**Stored data**
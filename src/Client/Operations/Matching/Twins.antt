-- ===== src/Client/Operations/Matching/Twins.antt =====
-- The requests of crates/netfilum-client/src/mount.rs over two servers that answer alike.
use netfilum.Prelude.{◌≡◌, subst, arith}
use netfilum.Prelude.Texts.{Text}
use netfilum.Prelude.Results.{Run}
use netfilum.Protocol.{Request, Response}
use netfilum.Protocol.Errors.{IoError}
use netfilum.Client.Context.{
  Environment, Mounted, RpcFileContext, call, send_request, expect_attr, expect_entries, fetch_attr,
  fetch_dir_entries,
}
use netfilum.Client.Served.{answered_by}
use netfilum.Client.Operations.{Opened, on_path}
use netfilum.Client.Operations.Matching.{Keeps, >>=-Keeps, Matches, >>=-Matches}

-- Two servers, of which the second answers to the requests that are asked as the first one does, where
-- `view` relates their worlds and the first one's is as `At` says.
pub record Twins (Asked : Request → Type 0) : Type 1 where
  pub World : Type 0
  pub Seen : Type 0
  pub send : Request → Run World IoError Response
  pub send_seen : Request → Run Seen IoError Response
  pub view : World → Seen
  pub At : World → Type 0
  pub answers : (r : Request) (w : World) → Asked r → At w → (send r w).0 ≡ (send_seen r (view w)).0
  pub worlds :
      (r : Request) (w : World) → Asked r → At w → view (send r w).1 ≡ (send_seen r (view w)).1
  pub stays : (r : Request) (w : World) → Asked r → At w → At (send r w).1

module _ (E : Environment) (Asked : Request → Type 0) (T : Twins Asked) where
  open E use {FspError}

  abbrev pub First : Environment
  First = answered_by E T.World T.send

  abbrev pub Second : Environment
  Second = answered_by E T.Seen T.send_seen

  abbrev pub view_mount : Mounted First → Mounted Second
  view_mount s = record { world = T.view s.world; mount_state = s.mount_state }

  abbrev pub AtMount : Mounted First → Type 0
  AtMount s = T.At s.world

  abbrev pub view_context : RpcFileContext First → RpcFileContext Second
  view_context c = record {
    path = c.path;
    kind = c.kind;
    dir_buffer = c.dir_buffer;
    delete_pending = c.delete_pending;
  }

  abbrev pub view_open : Opened First → Opened Second
  view_open o = record { mounted = view_mount o.mounted; context = view_context o.context }

  abbrev pub AtOpen : Text → Opened First → Type 0
  AtOpen path o = T.At o.mounted.world × (o.context.path ≡ path)

  abbrev pub MatchesMount :
      {A : Type 0} → Run (Mounted First) FspError A → Run (Mounted Second) FspError A → Type 0
  MatchesMount m n = Matches view_mount AtMount m n

  abbrev pub MatchesOpen :
      {A : Type 0} → Text → Run (Opened First) FspError A → Run (Opened Second) FspError A → Type 0
  MatchesOpen path m n = Matches view_open (AtOpen path) m n

  pub call-Matches : (r : Request) → Asked r → MatchesMount (call First r) (call Second r)
  unfolding call
  call-Matches r asked = record {
    same = λ s h. ground (arith, T.answers r s.world asked h, T.worlds r s.world asked h);
    seen = λ s h. ground (arith, T.answers r s.world asked h, T.worlds r s.world asked h);
  }

  pub call-Keeps : (r : Request) → Asked r → Keeps AtMount (call First r)
  unfolding call
  call-Keeps r asked s h = subst T.At (ground arith) (T.stays r s.world asked h)

  send_request-Matches :
      (r : Request) → Asked r → MatchesMount (send_request First r) (send_request Second r)
  unfolding send_request
  send_request-Matches r asked = record {
    same = λ s h. ground (arith, T.answers r s.world asked h, T.worlds r s.world asked h);
    seen = λ s h. ground (arith, T.answers r s.world asked h, T.worlds r s.world asked h);
  }

  send_request-Keeps : (r : Request) → Asked r → Keeps AtMount (send_request First r)
  unfolding send_request
  send_request-Keeps r asked s h = subst T.At (ground arith) (T.stays r s.world asked h)

  pub expect_attr-Matches :
      (t : Text) (r : Response) → MatchesMount (expect_attr First t r) (expect_attr Second t r)
  expect_attr-Matches t r = record { same = λ s h. ground arith; seen = λ s h. ground arith }

  pub expect_attr-Keeps : (t : Text) (r : Response) → Keeps AtMount (expect_attr First t r)
  expect_attr-Keeps t r s h = subst T.At (ground arith) h

  pub fetch_attr-Matches :
      (path : Text)
      → Asked (Request.stat path)
      → MatchesMount (fetch_attr First path) (fetch_attr Second path)
  unfolding fetch_attr
  fetch_attr-Matches path asked =
      >>=-Matches view_mount AtMount _ _ _ _ (send_request-Matches _ asked)
        (send_request-Keeps _ asked) (λ r. expect_attr-Matches _ r)

  pub fetch_attr-Keeps :
      (path : Text) → Asked (Request.stat path) → Keeps AtMount (fetch_attr First path)
  unfolding fetch_attr
  fetch_attr-Keeps path asked =
      >>=-Keeps AtMount _ _ (send_request-Keeps _ asked) (λ r. expect_attr-Keeps _ r)

  pub fetch_dir_entries-Matches :
      (path : Text)
      → Asked (Request.read_dir path)
      → MatchesMount (fetch_dir_entries First path) (fetch_dir_entries Second path)
  unfolding fetch_dir_entries
  fetch_dir_entries-Matches path asked =
      >>=-Matches view_mount AtMount _ _ _ _ (send_request-Matches _ asked)
        (send_request-Keeps _ asked)
        (λ r. record { same = λ s h. ground arith; seen = λ s h. ground arith })

  expect_entries-Keeps : (r : Response) → Keeps AtMount (expect_entries First r)
  expect_entries-Keeps r s h = subst T.At (ground arith) h

  pub fetch_dir_entries-Keeps :
      (path : Text) → Asked (Request.read_dir path) → Keeps AtMount (fetch_dir_entries First path)
  unfolding fetch_dir_entries
  fetch_dir_entries-Keeps path asked =
      >>=-Keeps AtMount _ _ (send_request-Keeps _ asked) (λ r. expect_entries-Keeps r)

  -- A run about the path of an open file.
  pub on_path-Matches :
      {A : Type 0} (path : Text) (m : Text → Run (Mounted First) FspError A)
      (n : Text → Run (Mounted Second) FspError A)
      → MatchesMount (m path) (n path)
      → MatchesOpen path (on_path First m) (on_path Second n)
  on_path-Matches path m n h = record {
    same = λ o p. ground (arith, h.same o.mounted p.0);
    seen = λ o p. ground (arith, h.seen o.mounted p.0);
  }

  pub on_path-Keeps :
      {A : Type 0} (path : Text) (m : Text → Run (Mounted First) FspError A)
      → Keeps AtMount (m path)
      → Keeps (AtOpen path) (on_path First m)
  on_path-Keeps path m k o (h, p) = (rw p (k o.mounted h), p)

**Exercise aim**
Of the lines above, extract only those from the line with "send_request-Keeps : (r" to the line with "expect_attr-Matches t r", both included, exactly as written.

**Task response**
  send_request-Keeps : (r : Request) → Asked r → Keeps AtMount (send_request First r)
  unfolding send_request
  send_request-Keeps r asked s h = subst T.At (ground arith) (T.stays r s.world asked h)

  pub expect_attr-Matches :
      (t : Text) (r : Response) → MatchesMount (expect_attr First t r) (expect_attr Second t r)
  expect_attr-Matches t r = record { same = λ s h. ground arith; seen = λ s h. ground arith }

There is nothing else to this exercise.